Task item.
Hunt through the entries for the word "ensure" and copy each line in which it appears.
* * * * * * * * *
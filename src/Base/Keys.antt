-- ===== src/Base/Keys.antt =====
-- Keys of maps and sets: `cid.Cid` and `peer.ID` are opaque types that the code only compares.
use mathlib.Core.Path.{◌≡◌, refl}
use mathlib.Core.Bool.{Bool, true, false, ◌||◌, ◌&&◌}
use mathlib.Core.List.{List, [], ◌∷◌, ◌++◌}
use native.Mathlib.Omega.{arith}
use native.Mathlib.Decide.{ℕ_discrete}
use Prim.Native.Nat.{ℕ, zero, suc}
use mathlib.Core.Option.{some}
use mathlib.Core.Logic.{inl, inr}
use boxo.Base.Tests.{if◌then◌else◌, Bool-cases}
use boxo.Base.Lists.{select, get_elem?}

pub record Key {ℓ} (K : Type ℓ) : Type ℓ where
  pub dec : Discrete K

instance abbrev pub nat_key : Key ℕ
nat_key = record { dec = ℕ_discrete }

-- Go's `==` on keys.
abbrev pub same {ℓ} : {K : Type ℓ} ⦃key : Key K⦄ → K → K → Bool
same ⦃key⦄ a b = elim (key.dec a b) [ yes _ ↦ true | no _ ↦ false ]

module _ {ℓ} {K : Type ℓ} ⦃key : Key K⦄ where
  pub same_refl : (a : K) → same a a ≡ true
  same_refl a = ground arith

  pub eq_of_same : (a b : K) → same a b ≡ true → a ≡ b
  eq_of_same a b h = ground arith

  pub same_comm : (a b : K) → same a b ≡ same b a
  same_comm a b = ground arith

  -- Whether a slice holds a key.
  abbrev pub contains : K → List K → Bool
  contains a [] = false
  contains a (x ∷ xs) = same x a || contains a xs

  pub contains-append :
      (a : K) (xs ys : List K) → contains a (xs ++ ys) ≡ (contains a xs || contains a ys)
  contains-append a [] ys = refl
  contains-append a (x ∷ xs) ys = ground (arith, contains-append a xs ys)

  pub contains-select :
      (keep : K → Bool) (c : K) (ks : List K)
      → contains c (select keep ks) ≡ (contains c ks && keep c)
  contains-select keep c [] = refl
  contains-select keep c (k ∷ ks) = ground (arith, contains-select keep c ks, eq_of_same k c)

  -- No key stands twice.
  abbrev pub IsDistinct : List K → Type 0
  IsDistinct [] = Unit {0}
  IsDistinct (x ∷ xs) = (contains x xs ≡ false) × IsDistinct xs

  pub IsDistinct-snoc :
      (xs : List K) (k : K) → IsDistinct xs → contains k xs ≡ false → IsDistinct (xs ++ k ∷ [])
  IsDistinct-snoc [] k d h = (refl, tt)
  IsDistinct-snoc (x ∷ xs) k d h =
      ground (arith, IsDistinct-snoc xs k d.1, contains-append x xs (k ∷ []), same_comm k x)

  -- The loop `for _, x := range xs { set[x] = struct{}{} }`, over a set that is a list.
  unfoldable pub append_new : List K → List K → List K
  append_new [] found = found
  append_new (x ∷ xs) found =
      let rest = append_new xs (found ++ x ∷ []) in
      let rest' = append_new xs found in if contains x found then rest' else rest

  pub contains-append_new :
      (xs found : List K) (k : K)
      → contains k (append_new xs found) ≡ (contains k xs || contains k found)
  unfolding append_new
  contains-append_new [] found k = refl
  contains-append_new (x ∷ xs) found k = ground (
    arith,
    contains-append_new xs found k,
    contains-append_new xs (found ++ x ∷ []) k,
    contains-append k found (x ∷ []),
    eq_of_same x k,
  )

  pub append_new-IsDistinct :
      (xs found : List K) → IsDistinct found → IsDistinct (append_new xs found)
  unfolding append_new
  append_new-IsDistinct [] found d = d
  append_new-IsDistinct (x ∷ xs) found d = elim (Bool-cases (contains x found)) [
    | inl e ↦ rw e (append_new-IsDistinct xs found d)
    | inr e ↦ rw e (append_new-IsDistinct xs (found ++ x ∷ []) (IsDistinct-snoc found x d e))
  ]

  pub contains-get_elem? :
      (xs : List K) (i : ℕ) (x : K) → get_elem? xs i ≡ some x → contains x xs ≡ true
  contains-get_elem? [] i x h = cc
  contains-get_elem? (y ∷ xs) zero x h = ground (arith, same_refl x)
  contains-get_elem? (y ∷ xs) (suc i) x h = ground (arith, contains-get_elem? xs i x)
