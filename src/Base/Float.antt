-- ===== src/Base/Float.antt =====
-- The conversions of Go between uint64, float64 and int, on numbers without a fraction.
use boxo.Base.Tests.{ltb, if◌then◌else◌}
use Prim.Native.Nat.{ℕ, zero, suc, ◌+◌, ◌*◌, ◌/◌, ◌%◌, ◌<◌}
use mathlib.Core.Path.{◌≡◌, refl, ◌∙◌}
use mathlib.Core.Bool.{true}
use native.Mathlib.Omega.{arith}

-- 2^53: a float64 has 53 bits for the digits of a number.
abbrev pub max_exact : ℕ
max_exact = 9007199254740992

-- the multiple of the unit that is nearest, and the even one of two that are as near
unfoldable pub nearest : ℕ → ℕ → ℕ
nearest unit n =
    if ltb (2 * (n % unit)) unit
    then n / unit * unit
    else if ltb unit (2 * (n % unit))
    then (n / unit + 1) * unit
    else (n / unit + n / unit % 2) * unit

-- `nearest` in the unit of the float64s about the number, from a unit that is fine enough, on fuel
unfoldable pub round_from : ℕ → ℕ → ℕ → ℕ
unfolding nearest
round_from zero unit n = nearest unit n
round_from (suc fuel) unit n =
    let coarser = round_from fuel (2 * unit) n in
    if ltb n (max_exact * unit) then nearest unit n else coarser

-- `float64(n)` of a uint64: units from 1 to 2^11
unfoldable pub to_float64 : ℕ → ℕ
unfolding round_from
to_float64 n = round_from 11 1 n

-- `int(x)` of a float64 that has no fraction and is not negative, for an int of 64 bits. Out of the
-- range of int the platform decides; a negative result is 0 here.
pub record IntOfFloat : Type 0 where
  pub int_of_float : ℕ → ℕ
  pub in_range : (n : ℕ) → n < 9223372036854775808 → int_of_float n ≡ n

nearest-one : (n : ℕ) → nearest 1 n ≡ n
unfolding nearest
nearest-one n = ground arith

round_from_fine :
    (fuel unit n : ℕ)
    → ltb n (max_exact * unit) ≡ true
    → round_from (suc fuel) unit n ≡ nearest unit n
unfolding round_from
round_from_fine fuel unit n h = rw (h, round_from) refl

pub to_float64_exact : (n : ℕ) → n < max_exact → to_float64 n ≡ n
unfolding to_float64
to_float64_exact n h = round_from_fine 10 1 n (ground (arith, h)) ∙ nearest-one n
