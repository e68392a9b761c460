-- ===== src/Base/Sets.antt =====
-- `cid.Set` of github.com/ipfs/go-cid behind what its documentation says of it, and the counting of
-- lists without repetition.
use Prim.Native.Nat.{◌+◌, ◌≤◌}
use mathlib.Core.Path.{◌≡◌}
use mathlib.Core.Bool.{Bool, true, false, not, ◌&&◌, ◌||◌}
use mathlib.Core.List.{List, [], ◌∷◌, ◌++◌}
use native.Mathlib.Omega.{arith}
use mathlib.Core.Logic.{inl, inr}
use boxo.Base.Tests.{if◌then◌else◌, Bool-cases}
use boxo.Base.Lists.{length, length-append}
use boxo.Base.Keys.{Key, same, contains, IsDistinct, IsDistinct-snoc, contains-append, eq_of_same}

-- A set `S` of keys: New, Has, Add, Remove and Keys, which `ForEach` visits in the same
-- order and `Len` counts.
pub record SetOps (K S : Type 0) ⦃key : Key K⦄ : Type 0 where
  pub empty : S
  pub has : S → K → Bool
  pub add : S → K → S
  pub remove : S → K → S
  pub keys : S → List K
  pub has-empty : (k : K) → has empty k ≡ false
  pub has-add : (s : S) (k j : K) → has (add s k) j ≡ (same k j || has s j)
  pub has-remove : (s : S) (k j : K) → has (remove s k) j ≡ (not (same k j) && has s j)
  pub contains-keys : (s : S) (k : K) → contains k (keys s) ≡ has s k
  pub keys-distinct : (s : S) → IsDistinct (keys s)

module _ {K S : Type 0} ⦃key : Key K⦄ ⦃sets : SetOps K S⦄ where
  -- `Visit` adds a key that is not there, and says whether it did.
  abbrev pub visit : S → K → S × Bool
  visit s k = if sets.has s k then (s, false) else (sets.add s k, true)

module _ {K : Type 0} ⦃key : Key K⦄ where
  -- the list without the key
  unfoldable pub without : K → List K → List K
  without k [] = []
  without k (x ∷ xs) = if same x k then without k xs else x ∷ without k xs

  pub contains-without :
      (k j : K) (xs : List K) → contains j (without k xs) ≡ (not (same k j) && contains j xs)
  unfolding without
  contains-without k j [] = ground arith
  contains-without k j (x ∷ xs) = ground (arith, contains-without k j xs)

  length-without-le : (k : K) (xs : List K) → length (without k xs) ≤ length xs
  unfolding without
  length-without-le k [] = omega arith
  length-without-le k (x ∷ xs) = ground (arith, length-without-le k xs)

  length-without :
      (k : K) (xs : List K) → contains k xs ≡ true → length (without k xs) + 1 ≤ length xs
  unfolding without
  length-without k [] h = cc
  length-without k (x ∷ xs) h = ground (arith, length-without k xs, length-without-le k xs)

  abbrev pub Includes : List K → List K → Type 0
  Includes xs ys = (k : K) → contains k xs ≡ true → contains k ys ≡ true

  -- A list without repetition is no longer than a list that holds all of it.
  pub length-le_of_Includes :
      (xs ys : List K) → IsDistinct xs → Includes xs ys → length xs ≤ length ys
  length-le_of_Includes [] ys d i = omega arith
  length-le_of_Includes (x ∷ xs) ys d i = omega (
    arith,
    length-le_of_Includes xs (without x ys) d.1
        (λ k h. ground (arith, contains-without x k ys, i k, eq_of_same x k)),
    length-without x ys (i x (ground arith)),
  )

  -- It holds the other list, if that is no longer.
  pub Includes-of_length-le :
      (xs ys : List K) → IsDistinct xs → Includes xs ys → length ys ≤ length xs → Includes ys xs
  Includes-of_length-le xs ys d i h k m = elim (Bool-cases (contains k xs)) [
    | inl e ↦ e
    | inr e ↦ absurd (
        omega (
          arith,
          length-le_of_Includes (k ∷ xs) ys (e, d) (λ j hj. ground (arith, i j, eq_of_same k j)),
        ))
  ]

  -- `set[k] = struct{}{}` on a `map[K]struct{}`, a list without repetition
  unfoldable pub insert_key : K → List K → List K
  insert_key k xs = if contains k xs then xs else xs ++ k ∷ []

  pub contains-insert_key :
      (k j : K) (xs : List K) → contains j (insert_key k xs) ≡ (same k j || contains j xs)
  unfolding insert_key
  contains-insert_key k j xs = ground (arith, contains-append j xs (k ∷ []), eq_of_same k j)

  pub insert_key-IsDistinct : (k : K) (xs : List K) → IsDistinct xs → IsDistinct (insert_key k xs)
  unfolding insert_key
  insert_key-IsDistinct k xs d = ground (arith, IsDistinct-snoc xs k d)

  pub length-insert_key :
      (k : K) (xs : List K)
      → length (insert_key k xs) ≡ (if contains k xs then length xs else length xs + 1)
  unfolding insert_key
  length-insert_key k xs = ground (arith, length-append xs (k ∷ []))

  pub without-IsDistinct : (k : K) (xs : List K) → IsDistinct xs → IsDistinct (without k xs)
  unfolding without
  without-IsDistinct k [] d = tt
  without-IsDistinct k (x ∷ xs) d =
      ground (arith, without-IsDistinct k xs d.1, contains-without k x xs)

  pub length-without_distinct :
      (k : K) (xs : List K)
      → IsDistinct xs
      → length (without k xs) + 1 ≡ (if contains k xs then length xs else length xs + 1)
  unfolding without
  length-without_distinct k [] d = omega arith
  length-without_distinct k (x ∷ xs) d =
      ground (arith, length-without_distinct k xs d.1, eq_of_same x k)
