-- ===== src/Base/ListSet.antt =====
-- A set as a list: the operations of `cid.Set` with the laws that the components rely on, for tests.
use mathlib.Core.Path.{◌≡◌, refl}
use mathlib.Core.Bool.{not, ◌&&◌}
use mathlib.Core.List.{List, [], ◌∷◌}
use native.Mathlib.Omega.{arith}
use boxo.Base.Tests.{if◌then◌else◌}
use boxo.Base.Keys.{Key, same, contains, IsDistinct, eq_of_same}
use boxo.Base.Sets.{SetOps, without, contains-without}

module _ {K : Type 0} ⦃key : Key K⦄ where
  -- each key once
  abbrev pub distinct_keys : List K → List K
  distinct_keys [] = []
  distinct_keys (x ∷ xs) = let rest = distinct_keys xs in if contains x xs then rest else x ∷ rest

  pub contains-distinct_keys : (xs : List K) (k : K) → contains k (distinct_keys xs) ≡ contains k xs
  contains-distinct_keys [] k = refl
  contains-distinct_keys (x ∷ xs) k = ground (arith, contains-distinct_keys xs k, eq_of_same x k)

  pub distinct_keys-IsDistinct : (xs : List K) → IsDistinct (distinct_keys xs)
  distinct_keys-IsDistinct [] = tt
  distinct_keys-IsDistinct (x ∷ xs) =
      ground (arith, distinct_keys-IsDistinct xs, contains-distinct_keys xs x)

  pub contains-without_lem :
      (xs : List K) (k j : K) → contains j (without k xs) ≡ (not (same k j) && contains j xs)
  contains-without_lem xs k j = contains-without k j xs

  instance abbrev pub list_sets : SetOps K (List K)
  list_sets = record {
    empty = [];
    has = λ s k. contains k s;
    add = λ s k. k ∷ s;
    remove = λ s k. without k s;
    keys = distinct_keys;
    has-empty = λ k. refl;
    has-add = λ s k j. refl;
    has-remove = contains-without_lem;
    contains-keys = contains-distinct_keys;
    keys-distinct = distinct_keys-IsDistinct;
  }
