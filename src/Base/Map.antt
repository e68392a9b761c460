-- ===== src/Base/Map.antt =====
-- Go's maps as association lists. A `range` over a map visits the entries in the list's order,
-- which stands for any order.
use mathlib.Core.Path.{◌≡◌, refl}
use mathlib.Core.Bool.{Bool, true, false, ◌||◌}
use mathlib.Core.Option.{Option, none, some}
use mathlib.Core.List.{List, [], ◌∷◌}
use native.Mathlib.Omega.{arith}
use boxo.Base.Tests.{if◌then◌else◌, is_some}
use boxo.Base.Keys.{Key, same, contains, IsDistinct}

abbrev pub Map {ℓ} : Type ℓ → Type ℓ → Type ℓ
Map K V = List (K × V)

module _ {ℓ} {K V : Type ℓ} where
  abbrev pub keys : Map K V → List K
  keys [] = []
  keys ((k, v) ∷ m) = k ∷ keys m

  abbrev pub values : Map K V → List V
  values [] = []
  values ((k, v) ∷ m) = v ∷ values m

module _ {ℓ} {K V : Type ℓ} ⦃key : Key K⦄ where
  -- `v, ok := m[k]`
  unfoldable pub lookup : K → Map K V → Option V
  lookup k [] = none
  lookup k ((j, v) ∷ m) = if same j k then some v else lookup k m

  -- `m[k] = v`
  unfoldable pub insert : K → V → Map K V → Map K V
  insert k v [] = (k, v) ∷ []
  insert k v ((j, w) ∷ m) = if same j k then (k, v) ∷ m else (j, w) ∷ insert k v m

  -- `delete(m, k)`
  unfoldable pub delete : K → Map K V → Map K V
  delete k [] = []
  delete k ((j, w) ∷ m) = if same j k then delete k m else (j, w) ∷ delete k m

  -- an operation on the value that a pointer in the map leads to, if there is one
  unfoldable pub modify : K → (V → V) → Map K V → Map K V
  modify k f [] = []
  modify k f ((j, v) ∷ m) = if same j k then (j, f v) ∷ m else (j, v) ∷ modify k f m

  abbrev pub has_key : K → Map K V → Bool
  has_key k m = is_some (lookup k m)

  pub lookup-insert :
      (k j : K) (v : V) (m : Map K V)
      → lookup j (insert k v m) ≡ (if same k j then some v else lookup j m)
  unfolding lookup insert
  lookup-insert k j v [] = refl
  lookup-insert k j v ((i, w) ∷ m) = ground (arith, lookup-insert k j v m)

  pub lookup-delete :
      (k j : K) (m : Map K V) → lookup j (delete k m) ≡ (if same k j then none else lookup j m)
  unfolding lookup delete
  lookup-delete k j [] = ground arith
  lookup-delete k j ((i, w) ∷ m) = ground (arith, lookup-delete k j m)

  pub lookup-modify :
      (k j : K) (f : V → V) (m : Map K V)
      → lookup j (modify k f m)
        ≡ elim (lookup j m) [ none ↦ none | some v ↦ some (if same k j then f v else v) ]
  unfolding lookup modify
  lookup-modify k j f [] = refl
  lookup-modify k j f ((i, w) ∷ m) = ground (arith, lookup-modify k j f m)

  pub lookup-insert_self : (k : K) (v : V) (m : Map K V) → lookup k (insert k v m) ≡ some v
  lookup-insert_self k v m = ground (arith, lookup-insert k k v m)

  pub contains-keys : (k : K) (m : Map K V) → contains k (keys m) ≡ is_some (lookup k m)
  unfolding lookup
  contains-keys k [] = refl
  contains-keys k ((j, v) ∷ m) = ground (arith, contains-keys k m)

  pub contains-values :
      ⦃vals : Key V⦄
      → (k : K) (v : V) (m : Map K V) → lookup k m ≡ some v
      → contains v (values m) ≡ true
  unfolding lookup
  contains-values k v [] h = cc
  contains-values k v ((j, w) ∷ m) h = ground (arith, contains-values k v m)

  abbrev pub HasDistinctKeys : Map K V → Type 0
  HasDistinctKeys m = IsDistinct (keys m)

  contains-keys-insert :
      (k j : K) (v : V) (m : Map K V)
      → contains j (keys (insert k v m)) ≡ (same k j || contains j (keys m))
  contains-keys-insert k j v m =
      ground (arith, contains-keys j (insert k v m), contains-keys j m, lookup-insert k j v m)

  contains-keys-delete :
      (k j : K) (m : Map K V)
      → contains j (keys (delete k m)) ≡ (if same k j then false else contains j (keys m))
  contains-keys-delete k j m =
      ground (arith, contains-keys j (delete k m), contains-keys j m, lookup-delete k j m)

  pub insert-HasDistinctKeys :
      (k : K) (v : V) (m : Map K V) → HasDistinctKeys m → HasDistinctKeys (insert k v m)
  unfolding insert
  insert-HasDistinctKeys k v [] d = ground arith
  insert-HasDistinctKeys k v ((j, w) ∷ m) d =
      ground (arith, insert-HasDistinctKeys k v m, contains-keys-insert k j v m)

  pub delete-HasDistinctKeys :
      (k : K) (m : Map K V) → HasDistinctKeys m → HasDistinctKeys (delete k m)
  unfolding delete
  delete-HasDistinctKeys k [] d = tt
  delete-HasDistinctKeys k ((j, w) ∷ m) d =
      ground (arith, delete-HasDistinctKeys k m, contains-keys-delete k j m)

  unfoldable pub delete_all : Map K V → List K → Map K V
  delete_all m [] = m
  delete_all m (k ∷ ks) = delete_all (delete k m) ks

  pub lookup-delete_all :
      (m : Map K V) (ks : List K) (j : K)
      → lookup j (delete_all m ks) ≡ (if contains j ks then none else lookup j m)
  unfolding delete_all
  lookup-delete_all m [] j = refl
  lookup-delete_all m (k ∷ ks) j =
      ground (arith, lookup-delete_all (delete k m) ks j, lookup-delete k j m)

pub ruleset map_laws = (lookup-insert, lookup-delete)
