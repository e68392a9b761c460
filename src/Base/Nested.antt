-- ===== src/Base/Nested.antt =====
-- Go's maps of maps, `map[K]map[J]V`, whose inner maps are made on the first write.
use mathlib.Core.Path.{◌≡◌, refl}
use mathlib.Core.Bool.{Bool, true, false, not, ◌&&◌}
use mathlib.Core.Option.{Option, none, some}
use mathlib.Core.List.{List, [], ◌∷◌}
use native.Mathlib.Omega.{arith}
use boxo.Base.Tests.{if◌then◌else◌, or_default, is_some}
use boxo.Base.Keys.{Key, contains, same, eq_of_same}
use boxo.Base.Map.{Map, lookup, insert, delete, has_key, lookup-insert, lookup-delete}

abbrev pub is_empty {ℓ} : {A : Type ℓ} → List A → Bool
is_empty [] = true
is_empty (x ∷ xs) = false

module _ {K : Type 0} ⦃key : Key K⦄ where
  pub contains-empty : (xs : List K) (k : K) → is_empty xs ≡ true → contains k xs ≡ false
  contains-empty [] k h = refl
  contains-empty (x ∷ xs) k h = cc

module _ {ℓ} {J V : Type ℓ} ⦃sub : Key J⦄ where
  is_empty-insert : (j : J) (v : V) (i : Map J V) → is_empty (insert j v i) ≡ false
  unfolding insert
  is_empty-insert j v [] = refl
  is_empty-insert j v ((l, w) ∷ i) = ground arith

module _ {ℓ} {K J V : Type ℓ} ⦃key : Key K⦄ ⦃sub : Key J⦄ where
  -- `m[k]`, which is an empty map if `k` is missing
  abbrev pub inner : K → Map K (Map J V) → Map J V
  inner k m = or_default [] (lookup k m)

  -- `v, ok := m[k][j]`
  unfoldable pub get2 : K → J → Map K (Map J V) → Option V
  get2 k j m = lookup j (inner k m)

  -- `in, ok := m[k]; if !ok { in = make(..); m[k] = in }; in[j] = v`
  unfoldable pub put2 : K → J → V → Map K (Map J V) → Map K (Map J V)
  put2 k j v m = insert k (insert j v (inner k m)) m

  -- The inner map back in its place, or out of the outer map if it is empty.
  unfoldable pub restore : K → Map J V → Map K (Map J V) → Map K (Map J V)
  restore k i m = if is_empty i then delete k m else insert k i m

  -- `if in, ok := m[k]; ok { delete(in, j); if len(in) == 0 { delete(m, k) } }`
  unfoldable pub del2 : K → J → Map K (Map J V) → Map K (Map J V)
  unfolding restore
  del2 k j m = elim (lookup k m) [ none ↦ m | some i ↦ restore k (delete j i) m ]

  pub get2_lem : (k : K) (j : J) (m : Map K (Map J V)) → get2 k j m ≡ lookup j (inner k m)
  unfolding get2
  get2_lem k j m = refl

  pub get2_absent : (k : K) (j : J) (m : Map K (Map J V)) → lookup k m ≡ none → get2 k j m ≡ none
  unfolding get2 lookup
  get2_absent k j m e = ground arith

  pub get2_present :
      (k : K) (j : J) (i : Map J V) (m : Map K (Map J V))
      → lookup k m ≡ some i
      → get2 k j m ≡ lookup j i
  unfolding get2
  get2_present k j i m e = ground arith

  pub get2-insert :
      (k h : K) (j : J) (i : Map J V) (m : Map K (Map J V))
      → get2 h j (insert k i m) ≡ (if same k h then lookup j i else get2 h j m)
  unfolding get2
  get2-insert k h j i m = ground (arith, lookup-insert k h i m)

  pub get2-delete :
      (k h : K) (j : J) (m : Map K (Map J V))
      → get2 h j (delete k m) ≡ (if same k h then none else get2 h j m)
  unfolding get2 lookup
  get2-delete k h j m = ground (arith, lookup-delete k h m)

  -- `if _, ok := m[k]; !ok { m[k] = make(..) }`
  unfoldable pub ensure : K → Map K (Map J V) → Map K (Map J V)
  ensure k m = if is_some (lookup k m) then m else insert k [] m

  pub get2-ensure : (k h : K) (j : J) (m : Map K (Map J V)) → get2 h j (ensure k m) ≡ get2 h j m
  unfolding ensure lookup
  get2-ensure k h j m = ground (arith, get2-insert k h j [] m, get2_absent k j m, eq_of_same k h)

  pub get2-put2 :
      (k h : K) (j i : J) (v : V) (m : Map K (Map J V))
      → get2 h i (put2 k j v m) ≡ (if same k h && same j i then some v else get2 h i m)
  unfolding put2
  get2-put2 k h j i v m = ground (
    arith,
    get2-insert k h i (insert j v (inner k m)) m,
    lookup-insert j i v (inner k m),
    get2_lem k i m,
    eq_of_same k h,
  )

  pub get2-restore :
      (k h : K) (j : J) (i : Map J V) (m : Map K (Map J V))
      → get2 h j (restore k i m) ≡ (if same k h then lookup j i else get2 h j m)
  unfolding restore lookup
  get2-restore k h j [] m = get2-delete k h j m
  get2-restore k h j (e ∷ i) m = get2-insert k h j (e ∷ i) m

  pub get2-del2 :
      (k h : K) (j i : J) (m : Map K (Map J V))
      → get2 h i (del2 k j m) ≡ (if same k h && same j i then none else get2 h i m)
  unfolding del2
  get2-del2 k h j i m = ground (
    arith,
    get2-restore k h i (delete j (inner k m)) m,
    lookup-delete j i (inner k m),
    get2_lem k i m,
    get2_absent k i m,
    eq_of_same k h,
  )

  pub has_key-del2 :
      (k h : K) (j : J) (m : Map K (Map J V))
      → has_key h (del2 k j m) ≡ (has_key h m && not (same k h && is_empty (delete j (inner k m))))
  unfolding del2 restore
  has_key-del2 k h j m =
      ground
        (arith, lookup-insert k h (delete j (inner k m)) m, lookup-delete k h m, eq_of_same k h)

  -- No inner map is empty, so a key is present only while something stands under it.
  abbrev pub HasNoEmpty : Map K (Map J V) → Type 0
  HasNoEmpty [] = Unit {0}
  HasNoEmpty ((k, i) ∷ m) = (is_empty i ≡ false) × HasNoEmpty m

  insert-HasNoEmpty :
      (k : K) (i : Map J V) (m : Map K (Map J V))
      → is_empty i ≡ false
      → HasNoEmpty m
      → HasNoEmpty (insert k i m)
  unfolding insert
  insert-HasNoEmpty k i [] h n = (h, tt)
  insert-HasNoEmpty k i ((l, i') ∷ m) h n = ground (arith, insert-HasNoEmpty k i m h n.1)

  pub delete-HasNoEmpty : (k : K) (m : Map K (Map J V)) → HasNoEmpty m → HasNoEmpty (delete k m)
  unfolding delete
  delete-HasNoEmpty k [] n = tt
  delete-HasNoEmpty k ((l, i) ∷ m) n = ground (arith, delete-HasNoEmpty k m n.1)

  pub put2-HasNoEmpty :
      (k : K) (j : J) (v : V) (m : Map K (Map J V)) → HasNoEmpty m → HasNoEmpty (put2 k j v m)
  unfolding put2
  put2-HasNoEmpty k j v m n = insert-HasNoEmpty k _ m (is_empty-insert j v (inner k m)) n

  pub restore-HasNoEmpty :
      (k : K) (i : Map J V) (m : Map K (Map J V)) → HasNoEmpty m → HasNoEmpty (restore k i m)
  unfolding restore
  restore-HasNoEmpty k [] m n = delete-HasNoEmpty k m n
  restore-HasNoEmpty k (e ∷ i) m n = insert-HasNoEmpty k (e ∷ i) m refl n

  pub del2-HasNoEmpty :
      (k : K) (j : J) (m : Map K (Map J V)) → HasNoEmpty m → HasNoEmpty (del2 k j m)
  unfolding del2
  del2-HasNoEmpty k j m n = ground (arith, restore-HasNoEmpty k (delete j (inner k m)) m n)

pub ruleset nested_laws =
    (get2-put2, get2-del2, get2-insert, get2-delete, get2-restore, get2-ensure)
* * * * * * * * *
Response to this task.
  unfoldable pub ensure : K → Map K (Map J V) → Map K (Map J V)
  ensure k m = if is_some (lookup k m) then m else insert k [] m
  pub get2-ensure : (k h : K) (j : J) (m : Map K (Map J V)) → get2 h j (ensure k m) ≡ get2 h j m
  unfolding ensure lookup
  get2-ensure k h j m = ground (arith, get2-insert k h j [] m, get2_absent k j m, eq_of_same k h)
    (get2-put2, get2-del2, get2-insert, get2-delete, get2-restore, get2-ensure)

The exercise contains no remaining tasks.